Methods: Fifty-two subjects were allocated to two groups, group A (mild, moderate KOA) and group B (without KOA), based on the diagnostic criteria, both between 40-55 years with a BMI of 25–29.9 kg/m2. Knee pain and function were assessed by the WOMAC. The sagittal pelvic angle (PA), the femoro-tibial angle (FTA), and the rear foot angle (RFA) were measured by AutoCAD software, while the foot posture was assessed by the navicular drop (ND) test and the intrinsic foot muscle strength (IFMS) test.
Results: KOA was found to have a moderately significant negative correlation with all FTA (r = -0.376; p = 0.006), PA (r = -0.376; p = 0.006), and IFMS (r = -0.317; p = 0.022).
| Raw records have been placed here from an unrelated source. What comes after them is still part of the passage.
-- ===== src/Tcp/Receive.antt =====
-- internal/curlu/tcpraw.go: the steps of `handleSegment`, as the reader sees them.
use mathlib.Core.Path.{subst, subst₂}
use curlu.Base.{
  ℕ, Bool, true, false, ◌||◌, [], ◌∷◌, ◌++◌, append_assoc, append-nil, ◌+◌, ◌<◌, ◌≡◌, ◌≢◌, ◌⊎◌,
  refl, sym, ap, ◌∙◌, arith, Bytes, length, Bool-cases, inl, inr, ◌==◌, ==_iff,
}
use curlu.Fingerprint.{timestamp_echo}
use curlu.Tcp.Defs.{
  word, add32, Segment, Conn, send_ack, note_echo, take_payload, take_fin, handle_segment,
}
use curlu.Tcp.Write.{Keeps, send_locked-Keeps}

abbrev pub fin_size : Bool → ℕ
fin_size true = 1
fin_size false = 0

-- What the reader sees of a step: its bytes, the next number that is awaited, and the two flags.
pub record Moves (c d : Conn) (added : Bytes) (count : ℕ) (finished : Bool) : Type 0 where
  pub read_buf : d.read_buf ≡ c.read_buf ++ added
  pub rcv_nxt : d.rcv_nxt ≡ add32 c.rcv_nxt count
  pub closed : d.closed ≡ c.closed
  pub got_fin : d.got_fin ≡ finished

send_ack-Keeps : (c : Conn) → Keeps c (send_ack c)
unfolding send_ack
send_ack-Keeps c = send_locked-Keeps c false true false false []

pub or_false : (b : Bool) → (b || false) ≡ b
or_false true = refl
or_false false = refl

or_true : (b : Bool) → (b || true) ≡ true
or_true true = refl
or_true false = refl

-- A step that keeps the reader's view.
pub Moves-none :
    {c d : Conn}
    → c.rcv_nxt < word
    → d.read_buf ≡ c.read_buf
    → d.rcv_nxt ≡ c.rcv_nxt
    → d.closed ≡ c.closed
    → d.got_fin ≡ c.got_fin
    → Moves c d [] 0 c.got_fin
Moves-none {c} w b r cl f = record {
  read_buf = b ∙ sym (append-nil c.read_buf);
  rcv_nxt = omega arith;
  closed = cl;
  got_fin = f;
}

pub Moves-trans :
    {c d e : Conn} {a b : Bytes} {m n : ℕ} {f f' : Bool}
    → Moves c d a m f
    → Moves d e b n f'
    → Moves c e (a ++ b) (m + n) f'
Moves-trans {c} {a} {b} x y = record {
  read_buf = y.read_buf ∙ ap (λ s. s ++ b) x.read_buf ∙ append_assoc c.read_buf a b;
  rcv_nxt = omega (arith, x.rcv_nxt, y.rcv_nxt);
  closed = y.closed ∙ x.closed;
  got_fin = y.got_fin;
}

module _ (c : Conn) (w : c.rcv_nxt < word) where
  take_payload-Moves :
      (payload : Bytes) → Moves c (take_payload c payload) payload (length payload) c.got_fin
  unfolding take_payload
  take_payload-Moves [] = record {
    read_buf = sym (append-nil c.read_buf);
    rcv_nxt = omega arith;
    closed = refl;
    got_fin = refl;
  }
  take_payload-Moves (b ∷ payload) =
      let k = send_ack-Keeps _ in
      record { read_buf = k.read_buf; rcv_nxt = k.rcv_nxt; closed = k.closed; got_fin = k.got_fin }

  take_fin-Moves : (fin : Bool) → Moves c (take_fin c fin) [] (fin_size fin) (c.got_fin || fin)
  unfolding take_fin
  take_fin-Moves false = rw (or_false c.got_fin) (Moves-none w refl refl refl refl)
  take_fin-Moves true =
      let k = send_ack-Keeps (record c { rcv_nxt = add32 c.rcv_nxt 1; got_fin = true }) in
      record {
        read_buf = k.read_buf ∙ sym (append-nil c.read_buf);
        rcv_nxt = k.rcv_nxt;
        closed = k.closed;
        got_fin = k.got_fin ∙ sym (or_true c.got_fin);
      }

  note_echo-Moves : (echo : ℕ) → Moves c (note_echo c echo) [] 0 c.got_fin
  unfolding note_echo
  note_echo-Moves echo = elim (Bool-cases (echo == 0)) [
    | inl e ↦ rw e (Moves-none w refl refl refl refl)
    | inr e ↦ rw e (Moves-none w refl refl refl refl)
  ]

note_echo-rcv_nxt : (c : Conn) (echo : ℕ) → (note_echo c echo).rcv_nxt ≡ c.rcv_nxt
unfolding note_echo
note_echo-rcv_nxt c echo = ground arith

note_echo-got_fin : (c : Conn) (echo : ℕ) → (note_echo c echo).got_fin ≡ c.got_fin
unfolding note_echo
note_echo-got_fin c echo = ground arith

send_ack-Moves : (c : Conn) → c.rcv_nxt < word → Moves c (send_ack c) [] 0 c.got_fin
send_ack-Moves c w =
    let k = send_ack-Keeps c in Moves-none w k.read_buf k.rcv_nxt k.closed k.got_fin

module _ (c : Conn) (w : c.rcv_nxt < word) (g : Segment) where
  abbrev noted : Conn
  noted = note_echo c (timestamp_echo g.options)

  handles_in_order :
      c.closed ≡ false
      → g.seq ≡ c.rcv_nxt
      → handle_segment c g ≡ take_fin (take_payload noted g.payload) g.fin
  unfolding handle_segment
  handles_in_order is_open in_order =
      let test : (g.seq == noted.rcv_nxt) ≡ true =
        (==_iff g.seq noted.rcv_nxt).1
          (in_order ∙ sym (note_echo-rcv_nxt c (timestamp_echo g.options))) in
      simp (is_open, test)

  handles_other : c.closed ≡ false → g.seq ≢ c.rcv_nxt → handle_segment c g ≡ send_ack noted
  unfolding handle_segment
  handles_other is_open other =
      let test : (g.seq == noted.rcv_nxt) ≡ false =
        ground (arith, note_echo-rcv_nxt c (timestamp_echo g.options)) in
      simp (is_open, test)

  handles_closed : c.closed ≡ true → handle_segment c g ≡ c
  unfolding handle_segment
  handles_closed shut = simp shut

  -- A segment that arrives in order is taken whole.
  pub handle_segment_in_order :
      c.closed ≡ false
      → g.seq ≡ c.rcv_nxt
      → Moves c
          (handle_segment c g)
          g.payload
          (length g.payload + fin_size g.fin)
          (c.got_fin || g.fin)
  handle_segment_in_order is_open in_order =
      let w' : noted.rcv_nxt < word =
        omega (arith, note_echo-rcv_nxt c (timestamp_echo g.options)) in
      let m = note_echo-Moves c w (timestamp_echo g.options) in
      let p = take_payload-Moves noted w' g.payload in
      let w'' : (take_payload noted g.payload).rcv_nxt < word = omega (arith, p.rcv_nxt) in
      let f = take_fin-Moves (take_payload noted g.payload) w'' g.fin in
      rw (handles_in_order is_open in_order) (
        subst
          (λ b.
            Moves c (take_fin (take_payload noted g.payload) g.fin) b
              (length g.payload + fin_size g.fin) (c.got_fin || g.fin))
          (append-nil g.payload)
          (subst₂
            (λ n x.
              Moves c (take_fin (take_payload noted g.payload) g.fin) (g.payload ++ []) n
                (x || g.fin))
            (omega arith) (p.got_fin ∙ m.got_fin) (Moves-trans m (Moves-trans p f))))

  -- Any other segment leaves the reader's view alone.
  pub handle_segment_other :
      (c.closed ≡ true) ⊎ ((c.closed ≡ false) × (g.seq ≢ c.rcv_nxt))
      → Moves c (handle_segment c g) [] 0 c.got_fin
  handle_segment_other (inl shut) = rw (handles_closed shut) (Moves-none w refl refl refl refl)
  handle_segment_other (inr (is_open, other)) =
      let w' : noted.rcv_nxt < word =
        omega (arith, note_echo-rcv_nxt c (timestamp_echo g.options)) in
      rw (handles_other is_open other) (
        subst (λ x. Moves c (send_ack noted) [] 0 x)
          (note_echo-got_fin c (timestamp_echo g.options))
          (Moves-trans (note_echo-Moves c w (timestamp_echo g.options)) (send_ack-Moves noted w')))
Moreover, although not statistically significant, a weak positive correlation between KOA, RFA (r = 0.235; p = 0.093), and ND (r = 0.081; p = 0.568) was found. KOA and WOMAC had a strong positive and significant correlation (r = 0.912; p = 0.001).
Conclusion: In patients with mild to moderate KOA, knee varus alignment, posterior pelvic tilt, and pronated foot posture have all been reported.